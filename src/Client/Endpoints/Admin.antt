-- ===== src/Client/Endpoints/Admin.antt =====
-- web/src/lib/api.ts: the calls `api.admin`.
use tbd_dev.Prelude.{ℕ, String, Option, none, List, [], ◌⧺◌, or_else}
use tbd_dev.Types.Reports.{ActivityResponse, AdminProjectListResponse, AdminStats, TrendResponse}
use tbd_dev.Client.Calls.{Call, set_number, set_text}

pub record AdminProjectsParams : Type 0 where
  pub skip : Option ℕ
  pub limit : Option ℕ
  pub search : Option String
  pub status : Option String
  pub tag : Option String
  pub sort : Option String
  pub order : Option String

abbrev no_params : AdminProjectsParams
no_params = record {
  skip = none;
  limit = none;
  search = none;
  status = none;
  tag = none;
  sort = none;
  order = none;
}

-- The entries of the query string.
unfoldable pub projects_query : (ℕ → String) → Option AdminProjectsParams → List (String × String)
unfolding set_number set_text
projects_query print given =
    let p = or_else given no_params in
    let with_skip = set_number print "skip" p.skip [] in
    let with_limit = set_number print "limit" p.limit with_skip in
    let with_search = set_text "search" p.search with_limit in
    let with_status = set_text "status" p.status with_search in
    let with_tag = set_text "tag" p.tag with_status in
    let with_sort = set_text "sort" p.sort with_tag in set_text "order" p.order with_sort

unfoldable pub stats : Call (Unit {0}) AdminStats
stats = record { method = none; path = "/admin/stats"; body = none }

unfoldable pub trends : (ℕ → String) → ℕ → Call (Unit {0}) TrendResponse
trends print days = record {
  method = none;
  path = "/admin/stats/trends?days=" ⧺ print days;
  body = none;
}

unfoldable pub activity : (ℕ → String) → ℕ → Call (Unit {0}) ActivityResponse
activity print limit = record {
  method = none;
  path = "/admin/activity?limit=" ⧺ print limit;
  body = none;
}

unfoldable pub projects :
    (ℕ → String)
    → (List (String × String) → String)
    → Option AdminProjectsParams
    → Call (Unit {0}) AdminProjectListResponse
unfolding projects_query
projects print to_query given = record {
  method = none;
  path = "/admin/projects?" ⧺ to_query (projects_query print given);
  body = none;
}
□ □ □
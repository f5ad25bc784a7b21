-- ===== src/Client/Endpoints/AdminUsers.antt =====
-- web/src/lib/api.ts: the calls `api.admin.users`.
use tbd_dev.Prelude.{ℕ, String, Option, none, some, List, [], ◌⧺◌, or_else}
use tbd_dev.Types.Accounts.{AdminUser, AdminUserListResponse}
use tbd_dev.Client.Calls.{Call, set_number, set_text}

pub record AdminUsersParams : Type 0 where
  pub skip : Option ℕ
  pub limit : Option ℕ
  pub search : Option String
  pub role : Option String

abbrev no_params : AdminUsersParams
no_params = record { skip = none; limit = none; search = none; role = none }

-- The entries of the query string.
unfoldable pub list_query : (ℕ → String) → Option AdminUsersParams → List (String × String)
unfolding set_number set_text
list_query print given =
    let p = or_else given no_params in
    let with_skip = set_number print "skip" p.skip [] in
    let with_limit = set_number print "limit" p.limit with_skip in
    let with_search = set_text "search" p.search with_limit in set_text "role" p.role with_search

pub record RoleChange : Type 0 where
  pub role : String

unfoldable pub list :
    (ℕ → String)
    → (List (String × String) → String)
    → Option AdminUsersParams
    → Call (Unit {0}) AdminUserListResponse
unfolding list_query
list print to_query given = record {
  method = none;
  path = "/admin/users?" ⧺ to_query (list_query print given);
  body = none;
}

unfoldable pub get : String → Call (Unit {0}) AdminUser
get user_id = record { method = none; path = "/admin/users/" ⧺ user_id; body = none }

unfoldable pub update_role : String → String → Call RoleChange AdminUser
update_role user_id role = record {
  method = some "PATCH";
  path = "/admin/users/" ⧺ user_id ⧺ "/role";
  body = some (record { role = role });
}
□ □ □
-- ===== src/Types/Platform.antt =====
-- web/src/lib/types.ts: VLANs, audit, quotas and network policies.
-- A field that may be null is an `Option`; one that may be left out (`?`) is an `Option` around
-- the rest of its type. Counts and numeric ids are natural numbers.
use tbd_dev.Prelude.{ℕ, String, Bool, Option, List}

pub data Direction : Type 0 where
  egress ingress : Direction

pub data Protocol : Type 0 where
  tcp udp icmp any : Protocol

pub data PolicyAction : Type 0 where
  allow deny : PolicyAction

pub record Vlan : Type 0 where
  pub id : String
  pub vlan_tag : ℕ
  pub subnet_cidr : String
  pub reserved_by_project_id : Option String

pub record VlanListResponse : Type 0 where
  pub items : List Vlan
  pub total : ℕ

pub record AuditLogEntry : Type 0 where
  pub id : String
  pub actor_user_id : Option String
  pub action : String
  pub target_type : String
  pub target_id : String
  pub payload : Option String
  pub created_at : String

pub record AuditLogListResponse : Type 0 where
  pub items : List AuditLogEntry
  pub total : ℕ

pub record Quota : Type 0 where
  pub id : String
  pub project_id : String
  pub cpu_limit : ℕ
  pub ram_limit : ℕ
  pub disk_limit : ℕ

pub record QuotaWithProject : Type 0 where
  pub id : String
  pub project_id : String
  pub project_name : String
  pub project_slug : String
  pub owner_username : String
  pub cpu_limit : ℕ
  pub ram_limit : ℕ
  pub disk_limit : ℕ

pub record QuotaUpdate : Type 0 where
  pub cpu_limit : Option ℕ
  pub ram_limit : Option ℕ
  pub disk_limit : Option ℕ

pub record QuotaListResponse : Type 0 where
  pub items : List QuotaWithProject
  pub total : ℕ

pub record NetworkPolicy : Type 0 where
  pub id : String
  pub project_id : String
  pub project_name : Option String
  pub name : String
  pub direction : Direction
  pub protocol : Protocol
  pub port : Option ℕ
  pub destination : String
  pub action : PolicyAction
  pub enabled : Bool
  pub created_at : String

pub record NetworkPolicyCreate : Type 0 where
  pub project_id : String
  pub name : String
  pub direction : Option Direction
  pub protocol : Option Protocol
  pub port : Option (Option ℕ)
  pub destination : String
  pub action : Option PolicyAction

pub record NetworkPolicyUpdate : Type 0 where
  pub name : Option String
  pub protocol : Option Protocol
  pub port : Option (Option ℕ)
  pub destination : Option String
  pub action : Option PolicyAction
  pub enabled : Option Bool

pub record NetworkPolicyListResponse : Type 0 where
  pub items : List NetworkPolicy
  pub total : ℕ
□ □ □
:: Task objective ::
Please copy, exactly as written, every line in the listing above from the line with "filename src/Client/Endpoints/Admin.antt" up to and including the line with "unfoldable pub projects_query".

:: Result of this exercise ::
filename src/Client/Endpoints/Admin.antt
-- ===== src/Client/Endpoints/Admin.antt =====
-- web/src/lib/api.ts: the calls `api.admin`.
use tbd_dev.Prelude.{ℕ, String, Option, none, List, [], ◌⧺◌, or_else}
use tbd_dev.Types.Reports.{ActivityResponse, AdminProjectListResponse, AdminStats, TrendResponse}
use tbd_dev.Client.Calls.{Call, set_number, set_text}

pub record AdminProjectsParams : Type 0 where
  pub skip : Option ℕ
  pub limit : Option ℕ
  pub search : Option String
  pub status : Option String
  pub tag : Option String
  pub sort : Option String
  pub order : Option String

abbrev no_params : AdminProjectsParams
no_params = record {
  skip = none;
  limit = none;
  search = none;
  status = none;
  tag = none;
  sort = none;
  order = none;
}

-- The entries of the query string.
unfoldable pub projects_query : (ℕ → String) → Option AdminProjectsParams → List (String × String)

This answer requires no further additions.